Né le 24 avril 1926 dans la Basse-Casbah d’Alger, très jeune, il a commencé sa formation de jeune nationaliste dans les scouts musulmans, dans le groupe El Falah à Sidi Abderrahmane. Il a ensuite intégré les rangs du Parti du peuple algérien (PPA), Militant actif du PPA, activement recherché par la police coloniale, il s’enfuit vers la Tunisie, en 1948 avec l’aide d’Henry Alleg, militant communiste, pro-indépendance de l’Algérie. A Tunis il porte les couleurs de la fabuleuse équipe de l’Espérance de Tunis (EST), mais sa carrière de footballeur s’arrête avec une blessure au genou, mal que connaissent les footballeurs. En 1958, avec Mohamed Boumezrag, il met en mouvement l’équipe de football du FLN au sein de laquelle, il assumera la charge de « gestionnaire coordinateur » en étant la « cheville ouvrière » de cette équipe de football. Mais, il va être surtout « le premier diplomate » dans le monde de « l’équipe sans les balles et le fusil » qui établira des relations internationales fraternelles et amicales du FLN avec de nombreux Etats souverains.

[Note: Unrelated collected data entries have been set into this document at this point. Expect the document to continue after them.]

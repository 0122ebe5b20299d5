-- ===== src/Mm/Pages/Init.antt =====
-- mem_init of mm/memory.c: the pages that it frees.
use my_linux_kernel.Common.{
  ℕ, zero, suc, ◌+◌, ◌-◌, ◌*◌, ◌/◌, ◌%◌, ◌≤◌, ◌<◌, ◌≡◌, refl, ◌∙◌, ◌&&◌, List, ltb, leb, get_or,
  set, length, length-set, get_or-set, length-replicate, replicate, arith, if◌then◌else◌, sub32,
}
use my_linux_kernel.Mm.Run.{low_mem, used, Mm}
use my_linux_kernel.Mm.Pages.{map_nr, sar12, mark_free, mem_init}
use my_linux_kernel.Mm.Pages.Alloc.{count, IsManaged}

length-mark_free : (n i : ℕ) (map : List ℕ) → length (mark_free n i map) ≡ length map
unfolding mark_free
length-mark_free zero i map = refl
length-mark_free (suc n) i map = length-mark_free n (i + 1) (set map i 0) ∙ length-set map i 0

get_or-mark_free :
    (n i : ℕ) (map : List ℕ) (j : ℕ)
    → i + n ≤ length map
    → get_or (mark_free n i map) j 0 ≡ (if leb i j && ltb j (i + n) then 0 else get_or map j 0)
unfolding mark_free
get_or-mark_free zero i map j fits = ground arith
get_or-mark_free (suc n) i map j fits =
    ground
      (arith, get_or-mark_free n (i + 1) (set map i 0) j, length-set map i 0, get_or-set map i j 0)

pub get_or-replicate : (n a j : ℕ) → j < n → get_or (replicate n a) j 0 ≡ a
get_or-replicate zero a j h = absurd (omega arith)
get_or-replicate (suc n) a zero h = refl
get_or-replicate (suc n) a (suc j) h = get_or-replicate n a j (omega arith)

-- For LOW_MEM ≤ start_mem ≤ end_mem ≤ 16 MB with start_mem at the start of a page, a page is
-- free after mem_init exactly if it lies wholly between start_mem and end_mem, and its count is
-- USED otherwise.
pub mem_init-count :
    (start_mem end_mem : ℕ) (m : Mm) (j : ℕ)
    → low_mem ≤ start_mem
    → start_mem ≤ end_mem
    → end_mem ≤ 0x1000000
    → start_mem % 4096 ≡ 0
    → j < 3840
    → count (mem_init start_mem end_mem m) j ≡ (
        if leb start_mem (low_mem + j * 4096) && leb (low_mem + j * 4096 + 4096) end_mem
        then 0
        else used)
unfolding mem_init
mem_init-count start_mem end_mem m j low order high aligned small =
    let pages : sar12 (sub32 end_mem start_mem) ≡ (end_mem - start_mem) / 4096 = ground arith in
    let fits : map_nr start_mem + (end_mem - start_mem) / 4096 ≤ length (replicate 3840 used) =
      omega (arith, length-replicate 3840 used) in
    rw
      (
        pages,
        get_or-mark_free ((end_mem - start_mem) / 4096) (map_nr start_mem) (replicate 3840 used) j
            fits,
        get_or-replicate 3840 used j small,
      )
      (ground arith)

-- It leaves a managed map.
pub mem_init-IsManaged :
    (start_mem end_mem : ℕ) (m : Mm)
    → low_mem ≤ start_mem
    → start_mem ≤ end_mem
    → end_mem ≤ 0x1000000
    → start_mem % 4096 ≡ 0
    → IsManaged (mem_init start_mem end_mem m)
mem_init-IsManaged start_mem end_mem m low order high aligned = record {
  entries = unfold mem_init in length-mark_free _ _ _ ∙ length-replicate 3840 used;
  from = unfold mem_init in omega arith;
  to = unfold mem_init in high;
  above = λ j small over.
      let beyond : end_mem ≤ low_mem + j * 4096 = unfold mem_init in over in
      rw (mem_init-count start_mem end_mem m j low order high aligned small) (ground arith);
}
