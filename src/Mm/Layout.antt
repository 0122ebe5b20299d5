-- ===== src/Mm/Layout.antt =====
-- main of kernel/main.c up to its call of mem_init: how the memory is divided.
use my_linux_kernel.Common.{
  ℕ, ◌+◌, ◌*◌, ◌%◌, ◌≤◌, ◌<◌, ◌≡◌, ◌∙◌, ltb, leb, ◌&&◌, arith, bit_and, if◌then◌else◌,
}
use my_linux_kernel.Common.Bits.{mask_fffff000}
use my_linux_kernel.Mm.Run.{low_mem, used, Mm}
use my_linux_kernel.Mm.Pages.{mem_init}
use my_linux_kernel.Mm.Pages.Alloc.{count, IsManaged}
use my_linux_kernel.Mm.Pages.Init.{mem_init-count, mem_init-IsManaged}

-- `memory_end` from EXT_MEM_K, an unsigned short that the loader has stored at 0x90002
unfoldable pub memory_end : ℕ → ℕ
memory_end ext_mem_k =
    let bytes = bit_and (0x100000 + ext_mem_k * 1024) 0xfffff000 in
    if ltb 0x1000000 bytes then 0x1000000 else bytes

unfoldable pub buffer_memory_end : ℕ → ℕ
buffer_memory_end memory_end =
    if ltb 0xc00000 memory_end
    then 0x400000
    else (if ltb 0x600000 memory_end then 0x200000 else 0x100000)

unfoldable pub init_memory : ℕ → Mm → Mm
init_memory ext_mem_k m =
    let end_mem = memory_end ext_mem_k in mem_init (buffer_memory_end end_mem) end_mem m

pub memory_end_lem :
    (k : ℕ)
    → k < 65536
    → (low_mem ≤ memory_end k) × (memory_end k ≤ 0x1000000) × (memory_end k % 4096 ≡ 0)
unfolding memory_end
memory_end_lem k small = rw (mask_fffff000 (0x100000 + k * 1024) (omega arith)) (ground arith)

buffer_memory_end_lem :
    (e : ℕ)
    → low_mem ≤ e
    → (low_mem ≤ buffer_memory_end e) × (buffer_memory_end e ≤ e) × (buffer_memory_end e % 4096 ≡ 0)
unfolding buffer_memory_end
buffer_memory_end_lem e low = ground arith

-- Whatever the size of the extended memory, a 16-bit number of kB, main hands mem_init bounds
-- that leave a managed map, where the free pages are those between the end of the buffers and
-- the end of the memory.
pub init_memory-IsManaged :
    (k : ℕ) (m : Mm)
    → k < 65536
    → IsManaged (init_memory k m)
      × ((j : ℕ)
          → j < 3840
          → let page = low_mem + j * 4096 in
            count (init_memory k m) j ≡ (
              if leb (buffer_memory_end (memory_end k)) page && ltb page (memory_end k)
              then 0
              else used))
unfolding init_memory
init_memory-IsManaged k m small =
    let e = memory_end_lem k small in
    let b = buffer_memory_end_lem (memory_end k) e.0 in
    (
      mem_init-IsManaged (buffer_memory_end (memory_end k)) (memory_end k) m b.0 b.1 e.1 b.2,
      λ j in_map.
          mem_init-count (buffer_memory_end (memory_end k)) (memory_end k) m j b.0 b.1 e.1 b.2
            in_map
          ∙ whole (buffer_memory_end (memory_end k)) (memory_end k) j e.2,
    )
  where
    whole :
        (b e j : ℕ)
        → e % 4096 ≡ 0
        → let page = low_mem + j * 4096 in
          (if leb b page && leb (page + 4096) e then 0 else used)
          ≡ (if leb b page && ltb page e then 0 else used)
    whole b e j aligned = ground arith
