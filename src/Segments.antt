-- ===== src/Segments.antt =====
-- The descriptors of include/linux/head.h, and the macros of include/asm/system.h and
-- include/linux/sched.h that write and read them. A descriptor is two 32-bit words.
pub mod Base
use my_linux_kernel.Common.{ℕ, ◌+◌, ◌*◌, ◌/◌, ◌%◌, ◌==◌, add32, if◌then◌else◌}

pub record Desc : Type 0 where
  pub a : ℕ
  pub b : ℕ

abbrev pub no_desc : Desc
no_desc = record { a = 0; b = 0 }

-- _set_tssldt_desc: the limit 104, the four bytes of the address, the type, and no flags.
unfoldable pub set_tssldt_desc : ℕ → ℕ → Desc
set_tssldt_desc addr type = record {
  a = 104 + addr % 0x10000 * 0x10000;
  b = addr / 0x10000 % 256 + type * 256 + addr / 0x1000000 % 256 * 0x1000000;
}

abbrev pub set_tss_desc : ℕ → Desc
set_tss_desc addr = set_tssldt_desc addr 0x89

abbrev pub set_ldt_desc : ℕ → Desc
set_ldt_desc addr = set_tssldt_desc addr 0x82

-- A descriptor that is written into a table.
abbrev pub put_desc : ℕ → Desc → (ℕ → Desc) → ℕ → Desc
put_desc i d table j = if i == j then d else table j

-- _set_gate: the selector 8 and the low half of the address, then its high half and the flags.
unfoldable pub set_gate : ℕ → ℕ → ℕ → Desc
set_gate type dpl addr = record {
  a = 0x00080000 + addr % 0x10000;
  b = addr / 0x10000 * 0x10000 + (0x8000 + dpl * 0x2000 + type * 0x100);
}

abbrev pub set_intr_gate : ℕ → Desc
set_intr_gate addr = set_gate 14 0 addr

abbrev pub set_trap_gate : ℕ → Desc
set_trap_gate addr = set_gate 15 0 addr

abbrev pub set_system_gate : ℕ → Desc
set_system_gate addr = set_gate 15 3 addr

-- FIRST_TSS_ENTRY and FIRST_LDT_ENTRY
abbrev pub first_tss_entry : ℕ
first_tss_entry = 5

abbrev pub first_ldt_entry : ℕ
first_ldt_entry = first_tss_entry + 1

-- _TSS and _LDT
abbrev pub tss_selector : ℕ → ℕ
tss_selector n = n * 16 + first_tss_entry * 8

abbrev pub ldt_selector : ℕ → ℕ
ldt_selector n = n * 16 + first_ldt_entry * 8

-- The low half of the base stands in the high half of the first word, its other bytes at the ends of
-- the second.
unfoldable pub set_base : Desc → ℕ → Desc
set_base d base = record {
  a = d.a % 0x10000 + base % 0x10000 * 0x10000;
  b = base / 0x10000 % 256 + d.b / 256 % 0x10000 * 256 + base / 0x1000000 % 256 * 0x1000000;
}

unfoldable pub get_base : Desc → ℕ
get_base d = d.b / 0x1000000 * 0x1000000 + d.b % 256 * 0x10000 + d.a / 0x10000

-- `lsll` and `incl`: the limit in bytes, in pages of 4 KB where the bit of granularity is set.
unfoldable pub get_limit : Desc → ℕ
get_limit d =
    let limit = d.a % 0x10000 + d.b / 0x10000 % 16 * 0x10000 in
    add32 (if d.b / 0x800000 % 2 == 1 then limit * 0x1000 + 0xfff else limit) 1
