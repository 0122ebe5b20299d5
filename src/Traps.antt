-- ===== src/Traps.antt =====
-- trap_init of kernel/traps.c: the gates of the processor's exceptions.
pub mod Gates
pub mod Die
mod Tests
use my_linux_kernel.Common.{ℕ, zero, suc, ◌+◌, List, [], ◌∷◌, bit_and}
use my_linux_kernel.Segments.{Desc, put_desc, set_trap_gate, set_system_gate}

-- The entries in kernel/asm.S and mm/page.S, whose addresses the linker fixes.
pub data Handler : Type 0 where
  divide_error : Handler
  debug : Handler
  nmi : Handler
  int3 : Handler
  overflow : Handler
  bounds : Handler
  invalid_op : Handler
  double_fault : Handler
  coprocessor_segment_overrun : Handler
  invalid_tss : Handler
  segment_not_present : Handler
  stack_segment : Handler
  page_fault : Handler
  general_protection : Handler
  reserved : Handler
  alignment_check : Handler

pub record Machine : Type 0 where
  pub idt : ℕ → Desc
  pub ports : List (ℕ × ℕ)

module _ (address : Handler → ℕ) where
  abbrev trap : ℕ → Handler → (ℕ → Desc) → ℕ → Desc
  trap n h = put_desc n (set_trap_gate (address h))

  abbrev system : ℕ → Handler → (ℕ → Desc) → ℕ → Desc
  system n h = put_desc n (set_system_gate (address h))

  -- The loop, for `n` vectors from `i` on.
  unfoldable pub reserve : ℕ → ℕ → (ℕ → Desc) → ℕ → Desc
  reserve zero i idt = idt
  reserve (suc n) i idt = reserve n (i + 1) (trap i reserved idt)

  -- The gates before the loop, the last one first.
  abbrev pub first_gates : (ℕ → Desc) → ℕ → Desc
  first_gates idt = trap 17 alignment_check (
      trap 15 reserved (
        trap 14 page_fault (
          trap 13 general_protection (
            trap 12 stack_segment (
              trap 11 segment_not_present (
                trap 10 invalid_tss (
                  trap 9 coprocessor_segment_overrun (
                    trap 8 double_fault (
                      trap 6 invalid_op (
                        system 5 bounds (
                          system 4 overflow (
                            system 3 int3
                              (trap 2 nmi (trap 1 debug (trap 0 divide_error idt)))))))))))))))

  -- `mask_1` and `mask_2` are what the ports 0x21 and 0xA1 read.
  unfoldable pub trap_init : ℕ → ℕ → Machine → Machine
  trap_init mask_1 mask_2 m = record {
    idt = reserve 30 18 (first_gates m.idt);
    ports = (bit_and mask_2 0xdf, 0xa1) ∷ (bit_and mask_1 0xfb, 0x21) ∷ m.ports;
  }
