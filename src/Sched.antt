-- ===== src/Sched.antt =====
-- kernel/sched.c and include/linux/sched.h: tasks, the scheduler and the timer.
-- A task is the address of its `task_struct`; `tcb` gives the structure at an address, and address
-- 0 is NULL. The structures stand in `tcb`, apart from the memory of mm/.
pub mod Init
pub mod Sleep
pub mod Pick
pub mod Recharge
pub mod Timer
pub mod InitTask
mod Tests
use my_linux_kernel.Common.{
  ℕ, zero, suc, ◌+◌, ◌-◌, ◌/◌, ◌==◌, ◌&&◌, not, false, Bool, List, Option, none, some, get_or,
  if◌then◌else◌,
}
use my_linux_kernel.Common.Int.{ℤ, pos, negsuc, ◌+ℤ◌, ◌-ℤ◌, ltb_ℤ}
use my_linux_kernel.Segments.{Desc}

abbrev pub nr_tasks : ℕ
nr_tasks = 64

pub record TssStruct : Type 0 where
  pub back_link : ℕ
  pub esp0 : ℕ
  pub ss0 : ℕ
  pub esp1 : ℕ
  pub ss1 : ℕ
  pub esp2 : ℕ
  pub ss2 : ℕ
  pub cr3 : ℕ
  pub eip : ℕ
  pub eflags : ℕ
  pub eax : ℕ
  pub ecx : ℕ
  pub edx : ℕ
  pub ebx : ℕ
  pub esp : ℕ
  pub ebp : ℕ
  pub esi : ℕ
  pub edi : ℕ
  pub es : ℕ
  pub cs : ℕ
  pub ss : ℕ
  pub ds : ℕ
  pub fs : ℕ
  pub gs : ℕ
  pub ldt : ℕ
  pub trace_bitmap : ℕ

-- `counter`, `priority` and `pid` are signed longs; `p_pptr` is the parent's address.
pub record TaskStruct : Type 0 where
  pub state : ℕ
  pub counter : ℤ
  pub priority : ℤ
  pub pid : ℤ
  pub p_pptr : ℕ
  pub ldt : List Desc
  pub tss : TssStruct

pub record Sched : Type 0 where
  pub task : List ℕ
  pub tcb : ℕ → TaskStruct
  pub current : ℕ

abbrev pub slot : Sched → ℕ → ℕ
slot s i = get_or s.task i 0

abbrev pub put_tcb : ℕ → TaskStruct → Sched → Sched
put_tcb p t s = record s { tcb = λ q. if p == q then t else s.tcb q }

-- `>> 1` on a signed long
abbrev pub half : ℤ → ℤ
half (pos n) = pos (n / 2)
half (negsuc n) = negsuc (n / 2)

abbrev pub is_zero : ℤ → Bool
is_zero (pos n) = n == 0
is_zero (negsuc n) = false

-- Slot `i` holds a task that is runnable and has more time left than `c`.
abbrev pub better : Sched → ℕ → ℤ → Bool
better s i c =
    let p = slot s i in not (p == 0) && ((s.tcb p).state == 0 && ltb_ℤ c (s.tcb p).counter)

-- The inner loop of schedule, from slot `i` down to slot 1.
unfoldable pub pick : Sched → ℕ → ℤ → ℕ → ℤ × ℕ
pick s zero c next = (c, next)
pick s (suc i) c next =
    let b = better s (suc i) c in
    pick s i (if b then (s.tcb (slot s (suc i))).counter else c) (if b then suc i else next)

-- `(priority >> 1) + priority`
abbrev pub fresh_counter : TaskStruct → ℤ
fresh_counter t = half t.priority +ℤ t.priority

unfoldable pub charge : ℕ → Sched → Sched
charge i s =
    let p = slot s i in
    if p == 0 then s else put_tcb p (record (s.tcb p) { counter = fresh_counter (s.tcb p) }) s

-- All tasks get their time anew, from slot `i` down to slot 1.
unfoldable pub recharge : ℕ → Sched → Sched
recharge zero s = s
recharge (suc i) s = recharge i (charge (suc i) s)

-- The outer loop on fuel, with the slot that it chooses; `none` means that the fuel ran out.
unfoldable pub schedule_loop : ℕ → Sched → Option (ℕ × Sched)
schedule_loop zero s = none
schedule_loop (suc fuel) s =
    let choice = pick s (nr_tasks - 1) (negsuc 0) 0 in
    let again = schedule_loop fuel (recharge (nr_tasks - 1) s) in
    if is_zero choice.0 then again else some (choice.1, s)

-- switch_to: the processor goes on with the task of slot `n`.
unfoldable pub switch_to : ℕ → Sched → Sched
switch_to n s = if slot s n == s.current then s else record s { current = slot s n }

abbrev pub go_on : Option (ℕ × Sched) → Option Sched
go_on none = none
go_on (some choice) = some (switch_to choice.0 choice.1)

-- Two rounds of the loop: `none` means that the second would not be the last.
unfoldable pub schedule : Sched → Option Sched
schedule s = go_on (schedule_loop 2 s)

-- do_timer, with `cpl` the privilege level that the timer has interrupted.
unfoldable pub do_timer : ℕ → Sched → Option Sched
do_timer cpl s =
    let t = s.tcb s.current in
    let left = t.counter -ℤ pos 1 in
    let ticked = put_tcb s.current (record t { counter = left }) s in
    let out = put_tcb s.current (record t { counter = pos 0 }) s in
    if ltb_ℤ (pos 0) left then some ticked else if cpl == 0 then some out else schedule out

A l’indépendance de l’Algérie, cette immense figure du mouvement libérateur sportif aide à la structuration du mouvement sportif national naissant en participant à la fondation du Comité olympique algérien en 1963 où il est assesseur et à de nombreuses fédérations avec une autre figure du nationalisme Mahmoud Abdoun qui s’adonne à la mise en place du nouvel appareil sportif algérien. Il va occuper plusieurs postes de responsabilité, dans les structures sportives qui se mettaient en place. En revanche, il fera surtout une carrière diplomatique, relevant du ministère des affaires étrangères algérien. Son premier poste est ambassadeur en Amérique latine.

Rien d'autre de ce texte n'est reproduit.